Powell is headed to Ferguson as an organizer and peace activist after the killing of Brown, the unarmed black 18-year-old who was shot by white police officer Darren Wilson. Battles have raged in Ferguson almost nightly, with stores looted, police firing tear gas and rubber bullets, people tossing Molotov cocktails, and dozens of arrests.

When police first confronted protesters with armored military vehicles, assault weapons and dogs, it reminded Powell of images from the 1960s civil rights movement.

“Just a reckless disregard for the safety of the community they’re supposed to be protecting,” he said. “They just don’t care, it feels like they don’t care at all.”

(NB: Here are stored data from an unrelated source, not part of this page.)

-- ===== src/Formula/Check/Typed.antt =====
-- The rules of the language of packages/formula, on typed expressions.
use salesmaker.Base.{suc, ◌≤◌, ◌≡◌, refl, ap, true, false, ◌||◌, some, List, length}
use salesmaker.Base.Text.{Text}
use salesmaker.Formula.Syntax.{
  Span, Operator, UnaryOp, Scope, Node, Args, FormulaType, number_type, boolean_type, null_type,
  picklist_type, multi_picklist_type,
}
use salesmaker.Formula.Types.{
  type_eq, is_numeric, found, CheckEnvironment, LiteralValue, text, boolean, null, TypedNode,
  TypedArgs, type_of, args_list,
}
use salesmaker.Formula.Functions.{Function, function_of, takes, needs_prior}
use salesmaker.Formula.Rules.{max_hops}
use salesmaker.Formula.Check.{count_args}
use salesmaker.Formula.Check.Parameters.{accepts}
use salesmaker.Formula.Check.Results.{or_null, operates, literal_is, gives}

-- A typed expression with its types taken off.
abbrev pub erase_literal : FormulaType → LiteralValue → Span → Node
erase_literal number_type (text v) s = Node.number v s
erase_literal t (text v) s = Node.text v s
erase_literal t (boolean b) s = Node.boolean b s
erase_literal t null s = Node.null s

unfoldable mutual
  pub erase : TypedNode → Node
  erase (TypedNode.literal t v s) = erase_literal t v s
  erase (TypedNode.field t path s) = Node.field path s
  erase (TypedNode.global t scope name s) = Node.global scope name s
  erase (TypedNode.unary t o a s) = Node.unary o (erase a) s
  erase (TypedNode.binary t o a b s) = Node.binary o (erase a) (erase b) s
  erase (TypedNode.call t name args s) = Node.call name (erase_args args) s

  pub erase_args : TypedArgs → Args
  erase_args TypedArgs.nil = Args.nil
  erase_args (TypedArgs.cons a rest) = Args.cons (erase a) (erase_args rest)

-- Neither of the two picklist types.
abbrev pub IsPlain : FormulaType → Type 0
IsPlain t = (type_eq t picklist_type || type_eq t multi_picklist_type) ≡ false

-- The rules, for every part of an expression: a literal has the type of its value; a field is one
-- that the environment knows, at most `max_hops` lookups away, and has its type; so has a global; a
-- minus stands before a number or null, a `!` before a truth value or null; no side of an operator is
-- a picklist, and the tables of operators (Check.Operators) have a line for the types of its sides and
-- of its result; a call is of a function of the table, with as many arguments as it takes, each of
-- which stands for its parameter by the table of parameters (Check.Parameters), with a type that it
-- gives, and of one that reads prior values only where these are allowed. That the pattern of REGEX is
-- one that the runtime takes is not among the rules.
mutual
  pub data IsTyped (env : CheckEnvironment) : TypedNode → Type 0 where
    literal :
        {t : FormulaType} {v : LiteralValue} {s : Span}
        → literal_is t v ≡ true
        → IsTyped env (TypedNode.literal t v s)
    field :
        {t : FormulaType} {path : List Text} {s : Span}
        → length path ≤ suc max_hops
        → env.field path ≡ found t
        → IsTyped env (TypedNode.field t path s)
    global :
        {t : FormulaType} {scope : Scope} {name : Text} {s : Span}
        → env.global scope name ≡ some t
        → IsTyped env (TypedNode.global t scope name s)
    negate :
        {a : TypedNode} {s : Span}
        → IsTyped env a
        → (is_numeric (type_of a) || type_eq (type_of a) null_type) ≡ true
        → IsTyped env (TypedNode.unary (type_of a) UnaryOp.negate a s)
    complement :
        {a : TypedNode} {s : Span}
        → IsTyped env a
        → or_null boolean_type (type_of a) ≡ true
        → IsTyped env (TypedNode.unary boolean_type UnaryOp.complement a s)
    binary :
        {t : FormulaType} {o : Operator} {a b : TypedNode} {s : Span}
        → IsTyped env a
        → IsTyped env b
        → IsPlain (type_of a)
        → IsPlain (type_of b)
        → operates o (type_of a) (type_of b) t ≡ true
        → IsTyped env (TypedNode.binary t o a b s)
    call :
        {t : FormulaType} {name : Text} {f : Function} {args : TypedArgs} {s : Span}
        → AllTyped env args
        → function_of name ≡ some f
        → takes f (length (args_list args)) ≡ true
        → (needs_prior f ≡ true → env.allow_prior_values ≡ true)
        → accepts f (args_list args) ≡ true
        → gives f (args_list args) t ≡ true
        → IsTyped env (TypedNode.call t name args s)

  pub data AllTyped (env : CheckEnvironment) : TypedArgs → Type 0 where
    nil : AllTyped env TypedArgs.nil
    cons :
        {a : TypedNode} {rest : TypedArgs}
        → IsTyped env a
        → AllTyped env rest
        → AllTyped env (TypedArgs.cons a rest)

-- Typed, and the expression `n` underneath.
abbrev pub Types : CheckEnvironment → Node → TypedNode → Type 0
Types env n t = (erase t ≡ n) × IsTyped env t

-- The number of the arguments does not change.
pub length-erase_args : (args : TypedArgs) → length (args_list args) ≡ count_args (erase_args args)
unfolding erase_args
length-erase_args TypedArgs.nil = refl
length-erase_args (TypedArgs.cons a rest) = ap suc (length-erase_args rest)
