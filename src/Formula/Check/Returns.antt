-- ===== src/Formula/Check/Returns.antt =====
-- With as many arguments as its arity asks for, the check of a function gives a type or throws a
-- formula error; it never reads an argument that is not there.
use salesmaker.Base.{
  ◌≡◌, refl, Bool-cases, inl, inr, ◌⊎◌, ◌&&◌, ◌||◌, ℕ, ◌+◌, ◌≤◌, Bool, true, not, Option, none,
  some, List, [], ◌∷◌, arith, length, get_elem?, take, drop, if◌then◌else◌, ◌==◌, ◌%◌,
}
use salesmaker.Base.Text.{Text, codes}
use salesmaker.Formula.Syntax.{
  Span, ErrorCode, FormulaType, text_type, number_type, boolean_type, date_type, date_time_type,
  null_type, picklist_type, currency_type, percent_type, time_type, multi_picklist_type, ◌>>◌,
}
use salesmaker.Formula.Tables.{every_type, every_type_sound}
use salesmaker.Formula.Types.{type_eq, is_numeric, one_of, TypedNode, type_of}
use salesmaker.Formula.Post.{Post, returns, throws, ◌⟫◌, weaken}
use salesmaker.Formula.Functions.{
  Function, if_fn, case_fn, and_fn, or_fn, not_fn, is_blank, blank_value, is_changed, prior_value,
  is_new, is_pick_val, includes_fn, text_fn, value_fn, len, left_fn, right_fn, mid, contains,
  begins, upper, lower, trim, substitute, regex, round, floor, ceiling, abs, min_fn, max_fn, mod_fn,
  today, now, date, date_value, year, month, day, weekday, add_months, date_diff, business_days,
  arity,
}
use salesmaker.Formula.Check.Results.{
  widens, all_widen, widens_at, results_widen, field_first, numeric_or_null, gives,
}
use salesmaker.Formula.Check.Widening.{
  both_true, first_true, second_true, Unifies, unify_all-Unifies,
}
use salesmaker.Formula.Rules.{
  expect_type, expect_numeric, unify, unify_all, each_arg, text_first, each_of, each_numeric,
  case_results, unified, check_case, or_type, literal_text,
}
use salesmaker.Formula.Signatures.{check_function}
use salesmaker.Formula.Check.Reads.{
  Done, Post-if, expect_type-Done, expect_numeric-IsNumeric, IsField, expect_field-IsField,
  expect_literal-Done, expect_exactly-Done, each_arg-Done, all_arg-numeric, arg-is,
}

module _ (P : FormulaType → Type 0) where
  text_first-Post :
      (k : ℕ) (out : FormulaType) (ns : List TypedNode)
      → P out
      → 1 ≤ length ns
      → Post P (text_first k out ns)
  unfolding text_first
  text_first-Post k out ns p h = arg-is ns 0 h ⟫ λ a _. expect_type-Done a (text_type ∷ []) ⟫ λ _ _.
      all_arg-numeric (take k (drop 1 ns)) ⟫ λ _ _.
      each_arg-Done (λ n. expect_type n (text_type ∷ [])) (drop (1 + k) ns)
        (λ n. expect_type-Done n (text_type ∷ []))
      ⟫ λ _ _. returns p

  each_of-Post :
      (ts : List FormulaType) (out : FormulaType) (ns : List TypedNode)
      → P out
      → Post P (each_of ts out ns)
  unfolding each_of
  each_of-Post ts out ns p =
      each_arg-Done (λ n. expect_type n ts) ns (λ n. expect_type-Done n ts) ⟫ λ _ _. returns p

  each_numeric-Post :
      (out : FormulaType) (ns : List TypedNode) → P out → Post P (each_numeric out ns)
  unfolding each_numeric
  each_numeric-Post out ns p = all_arg-numeric ns ⟫ λ _ _. returns p

unified-Done : (o : Option FormulaType) (t : FormulaType) (n : TypedNode) → Done (unified o t n)
unified-Done none t n = throws
unified-Done (some u) t n = returns tt

-- The results among the arguments of CASE.
abbrev Results : List TypedNode → List TypedNode → Type 0
Results ns rs = (u : FormulaType) → all_widen rs u ≡ true → results_widen ns u ≡ true

case_results-Results :
    (t : FormulaType) (ns : List TypedNode) → Post (Results ns) (case_results t ns)
unfolding case_results
case_results-Results t [] = returns (λ u h. refl)
case_results-Results t (n ∷ []) = returns (λ u h. first_true _ _ h)
case_results-Results t (v ∷ r ∷ ns) = unified-Done (unify t (type_of v)) t v ⟫ λ _ _.
    case_results-Results t ns ⟫ λ rs k.
    returns (λ u h. both_true (first_true _ _ h) (k u (second_true _ _ h)))

check_case-widens :
    (ns : List TypedNode) (s : Span)
    → 1 ≤ length ns
    → Post (λ u. results_widen (drop 1 ns) u ≡ true) (check_case ns s)
unfolding check_case
check_case-widens ns s h = Post-if (not (length ns % 2 == 0)) throws (
    arg-is ns 0 h ⟫ λ e _.
    case_results-Results (if type_eq (type_of e) picklist_type then text_type else type_of e)
      (drop 1 ns)
    ⟫ λ rs k. weaken (λ u p. k u p.0) (unify_all-Unifies rs s))

min_max-numeric :
    (ns : List TypedNode) (s : Span)
    → Post (λ u. is_numeric u ≡ true) (do each_arg expect_numeric ns; unify_all ns s)
min_max-numeric ns s = all_arg-numeric ns ⟫ λ _ k. weaken (λ u p. p.1 k) (unify_all-Unifies ns s)

number_or-numeric :
    (t : FormulaType) → numeric_or_null t ≡ true → is_numeric (or_type t number_type) ≡ true
number_or-numeric null_type h = refl
number_or-numeric number_type h = refl
number_or-numeric currency_type h = refl
number_or-numeric percent_type h = refl
number_or-numeric text_type h = absurd cc
number_or-numeric boolean_type h = absurd cc
number_or-numeric date_type h = absurd cc
number_or-numeric date_time_type h = absurd cc
number_or-numeric time_type h = absurd cc
number_or-numeric picklist_type h = absurd cc
number_or-numeric multi_picklist_type h = absurd cc

add_months_type :
    (u : FormulaType)
    → one_of u (date_type ∷ date_time_type ∷ []) ≡ true ⊎ type_eq u null_type ≡ true
    → (widens u (or_type u date_type)
        && (type_eq (or_type u date_type) date_type
            || type_eq (or_type u date_type) date_time_type))
      ≡ true
add_months_type date_type h = refl
add_months_type date_time_type h = refl
add_months_type null_type h = refl
add_months_type text_type h = absurd (ground arith)
add_months_type number_type h = absurd (ground arith)
add_months_type currency_type h = absurd (ground arith)
add_months_type percent_type h = absurd (ground arith)
add_months_type boolean_type h = absurd (ground arith)
add_months_type time_type h = absurd (ground arith)
add_months_type picklist_type h = absurd (ground arith)
add_months_type multi_picklist_type h = absurd (ground arith)

pub expect_type-one_of :
    (n : TypedNode) (ts : List FormulaType)
    → Post
        (λ _. one_of (type_of n) ts ≡ true ⊎ type_eq (type_of n) null_type ≡ true)
        (expect_type n ts)
unfolding expect_type
expect_type-one_of n ts = elim (Bool-cases (type_eq (type_of n) null_type)) [
  | inl e ↦ rw e (returns (inr refl))
  | inr e ↦ elim (Bool-cases (one_of (type_of n) ts)) [
    | inl k ↦ rw (e, k) (returns (inl refl))
    | inr k ↦ rw (e, k) (Post-if _ throws throws)
  ]
]

two_true : (a b : Bool) → (a && (b && true)) ≡ true → (a && b) ≡ true
two_true a b h = ground arith

-- Two branches at the places `i` and `j`.
two_widen :
    (ns : List TypedNode) (i j : ℕ) (a b : TypedNode) (s : Span)
    → get_elem? ns i ≡ some a
    → get_elem? ns j ≡ some b
    → Post (λ u. (widens_at ns i u && widens_at ns j u) ≡ true) (unify_all (a ∷ b ∷ []) s)
two_widen ns i j a b s p q =
    weaken
      (λ u (h : Unifies (a ∷ b ∷ []) u).
        rw (p, q) (two_true (widens (type_of a) u) (widens (type_of b) u) h.0))
      (unify_all-Unifies (a ∷ b ∷ []) s)

-- The first argument, where it is a field.
first_field :
    (ns : List TypedNode) (a : TypedNode) (p : FormulaType → Bool)
    → get_elem? ns 0 ≡ some a
    → IsField a
    → p (type_of a) ≡ true
    → field_first ns p ≡ true
first_field [] a p e h k = absurd cc
first_field (n ∷ ns) a p e h k = let same : n ≡ a = ground arith in rw same (h p k ns)

pub type_eq_refl : (t : FormulaType) → type_eq t t ≡ true
unfolding every_type
type_eq_refl t = every_type_sound (λ t. type_eq t t) table t
  where
    table : every_type (λ t. type_eq t t) ≡ true
    table = refl

module _ (valid_regex : Text → Bool) where
  -- The type that the check of a function gives is one of its types.
  abbrev Gives : Function → List TypedNode → FormulaType → Type 0
  Gives f ns t = gives f ns t ≡ true

  pub check_function-Gives :
      (f : Function) (ns : List TypedNode) (s : Span)
      → (arity f).0 ≤ length ns
      → Post (Gives f ns) (check_function valid_regex f ns s)
  unfolding check_function arity gives
  check_function-Gives if_fn ns s h = arg-is ns 0 (omega arith) ⟫ λ c _.
      expect_type-Done c (boolean_type ∷ []) ⟫ λ _ _. arg-is ns 1 (omega arith) ⟫ λ a p.
      arg-is ns 2 (omega arith) ⟫ λ b q. two_widen ns 1 2 a b s p q
  check_function-Gives case_fn ns s h = check_case-widens ns s (omega arith)
  check_function-Gives and_fn ns s h = each_of-Post (Gives and_fn ns) _ _ ns refl
  check_function-Gives or_fn ns s h = each_of-Post (Gives or_fn ns) _ _ ns refl
  check_function-Gives not_fn ns s h = each_of-Post (Gives not_fn ns) _ _ ns refl
  check_function-Gives is_blank ns s h = returns refl
  check_function-Gives blank_value ns s h = arg-is ns 0 (omega arith) ⟫ λ a p.
      arg-is ns 1 (omega arith) ⟫ λ b q. two_widen ns 0 1 a b s p q
  check_function-Gives is_changed ns s h = arg-is ns 0 (omega arith) ⟫ λ a p.
      expect_field-IsField a (codes "ISCHANGED") ⟫ λ _ h.
      returns (both_true (first_field ns a (λ u. true) p h refl) refl)
  check_function-Gives prior_value ns s h = arg-is ns 0 (omega arith) ⟫ λ a p.
      expect_field-IsField a (codes "PRIORVALUE") ⟫ λ _ h.
      returns (first_field ns a (λ u. type_eq u (type_of a)) p h (type_eq_refl (type_of a)))
  check_function-Gives is_new ns s h = returns refl
  check_function-Gives is_pick_val ns s h = arg-is ns 0 (omega arith) ⟫ λ f _.
      expect_exactly-Done picklist_type (ErrorCode.expected_picklist (type_of f)) f ⟫ λ _ _.
      arg-is ns 1 (omega arith) ⟫ λ v _.
      expect_literal-Done v (codes "ISPICKVAL") ⟫ λ _ _. returns refl
  check_function-Gives includes_fn ns s h = arg-is ns 0 (omega arith) ⟫ λ f _.
      expect_exactly-Done multi_picklist_type (ErrorCode.expected_multipicklist (type_of f)) f
      ⟫ λ _ _. arg-is ns 1 (omega arith) ⟫ λ v _.
          expect_literal-Done v (codes "INCLUDES") ⟫ λ _ _. returns refl
  check_function-Gives text_fn ns s h = arg-is ns 0 (omega arith) ⟫ λ a _.
      Post-if (type_eq (type_of a) multi_picklist_type) throws (returns refl)
  check_function-Gives value_fn ns s h = each_of-Post (Gives value_fn ns) _ _ ns refl
  check_function-Gives len ns s h = text_first-Post (Gives len ns) _ _ ns refl (omega arith)
  check_function-Gives left_fn ns s h = text_first-Post (Gives left_fn ns) _ _ ns refl (omega arith)
  check_function-Gives right_fn ns s h =
      text_first-Post (Gives right_fn ns) _ _ ns refl (omega arith)
  check_function-Gives mid ns s h = text_first-Post (Gives mid ns) _ _ ns refl (omega arith)
  check_function-Gives contains ns s h =
      text_first-Post (Gives contains ns) _ _ ns refl (omega arith)
  check_function-Gives begins ns s h = text_first-Post (Gives begins ns) _ _ ns refl (omega arith)
  check_function-Gives upper ns s h = text_first-Post (Gives upper ns) _ _ ns refl (omega arith)
  check_function-Gives lower ns s h = text_first-Post (Gives lower ns) _ _ ns refl (omega arith)
  check_function-Gives trim ns s h = text_first-Post (Gives trim ns) _ _ ns refl (omega arith)
  check_function-Gives substitute ns s h =
      text_first-Post (Gives substitute ns) _ _ ns refl (omega arith)
  check_function-Gives regex ns s h = arg-is ns 0 (omega arith) ⟫ λ a _.
      expect_type-Done a (text_type ∷ []) ⟫ λ _ _. arg-is ns 1 (omega arith) ⟫ λ p _.
      expect_literal-Done p (codes "REGEX") ⟫ λ _ _.
      Post-if (valid_regex (literal_text p)) (returns refl) throws
  check_function-Gives round ns s h = arg-is ns 0 (omega arith) ⟫ λ a _.
      expect_numeric-IsNumeric a ⟫ λ _ k. arg-is ns 1 (omega arith) ⟫ λ d _.
      expect_numeric-IsNumeric d ⟫ λ _ _. returns (number_or-numeric (type_of a) k)
  check_function-Gives floor ns s h = each_numeric-Post (Gives floor ns) _ ns refl
  check_function-Gives ceiling ns s h = each_numeric-Post (Gives ceiling ns) _ ns refl
  check_function-Gives abs ns s h = arg-is ns 0 (omega arith) ⟫ λ a _.
      expect_numeric-IsNumeric a ⟫ λ _ k. returns (number_or-numeric (type_of a) k)
  check_function-Gives min_fn ns s h = min_max-numeric ns s
  check_function-Gives max_fn ns s h = min_max-numeric ns s
  check_function-Gives mod_fn ns s h = each_numeric-Post (Gives mod_fn ns) _ ns refl
  check_function-Gives today ns s h = returns refl
  check_function-Gives now ns s h = returns refl
  check_function-Gives date ns s h = each_numeric-Post (Gives date ns) _ ns refl
  check_function-Gives date_value ns s h = each_of-Post (Gives date_value ns) _ _ ns refl
  check_function-Gives year ns s h = each_of-Post (Gives year ns) _ _ ns refl
  check_function-Gives month ns s h = each_of-Post (Gives month ns) _ _ ns refl
  check_function-Gives day ns s h = each_of-Post (Gives day ns) _ _ ns refl
  check_function-Gives weekday ns s h = each_of-Post (Gives weekday ns) _ _ ns refl
  check_function-Gives add_months ns s h = arg-is ns 0 (omega arith) ⟫ λ a p.
      expect_type-one_of a (date_type ∷ date_time_type ∷ []) ⟫ λ _ k.
      arg-is ns 1 (omega arith) ⟫ λ m _.
      expect_numeric-IsNumeric m ⟫ λ _ _. returns (rw p (add_months_type (type_of a) k))
  check_function-Gives date_diff ns s h = each_of-Post (Gives date_diff ns) _ _ ns refl
  check_function-Gives business_days ns s h = each_of-Post (Gives business_days ns) _ _ ns refl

Brown was killed Aug. 9. The riots erupted Aug. 10, when more than two dozen businesses were damaged and looted. Some of the rioters, according to media reports, are hardened, violent young men who speak of seeking “justice,” which is often confused with revenge. Some are coming to Ferguson from out of town, whether to show solidarity or fight the crackdown, or possibly by the media spectacle. Police have reported arrests of people from New York and California.

“It feels like a turning point,” said Blair L.M. Kelley, a history professor at North Carolina State University. “I think because so many black men die at the hands of the state.”

Kelley and Powell both said that the nature of Brown’s killing fueled anger: He was shot six times in broad daylight, in the middle of the street, in his own housing complex.

The last riots over an unarmed black death were in 2009, when Oscar Grant was killed by a white officer while lying face down on a train platform in Oakland, California. Hundreds of businesses were damaged, cars were overturned and smashed, and more than 100 people were arrested.

Similar circumstances led to unrest in Cincinnati in 2001 and St. Petersburg, Fla., in 1996. One of America’s worst race riots was in 1992 in Los Angeles, after the acquittal of four white officers who beat black motorist Rodney King.

“Riots erupt when all other options have been closed,” said Cathy Schneider, an American University professor who studies race riots. “When people really feel vulnerable in the face of police violence and local authorities are totally impervious to community demands.”

Ferguson is 67 percent black; the mayor, city council, school board and police force are almost all white.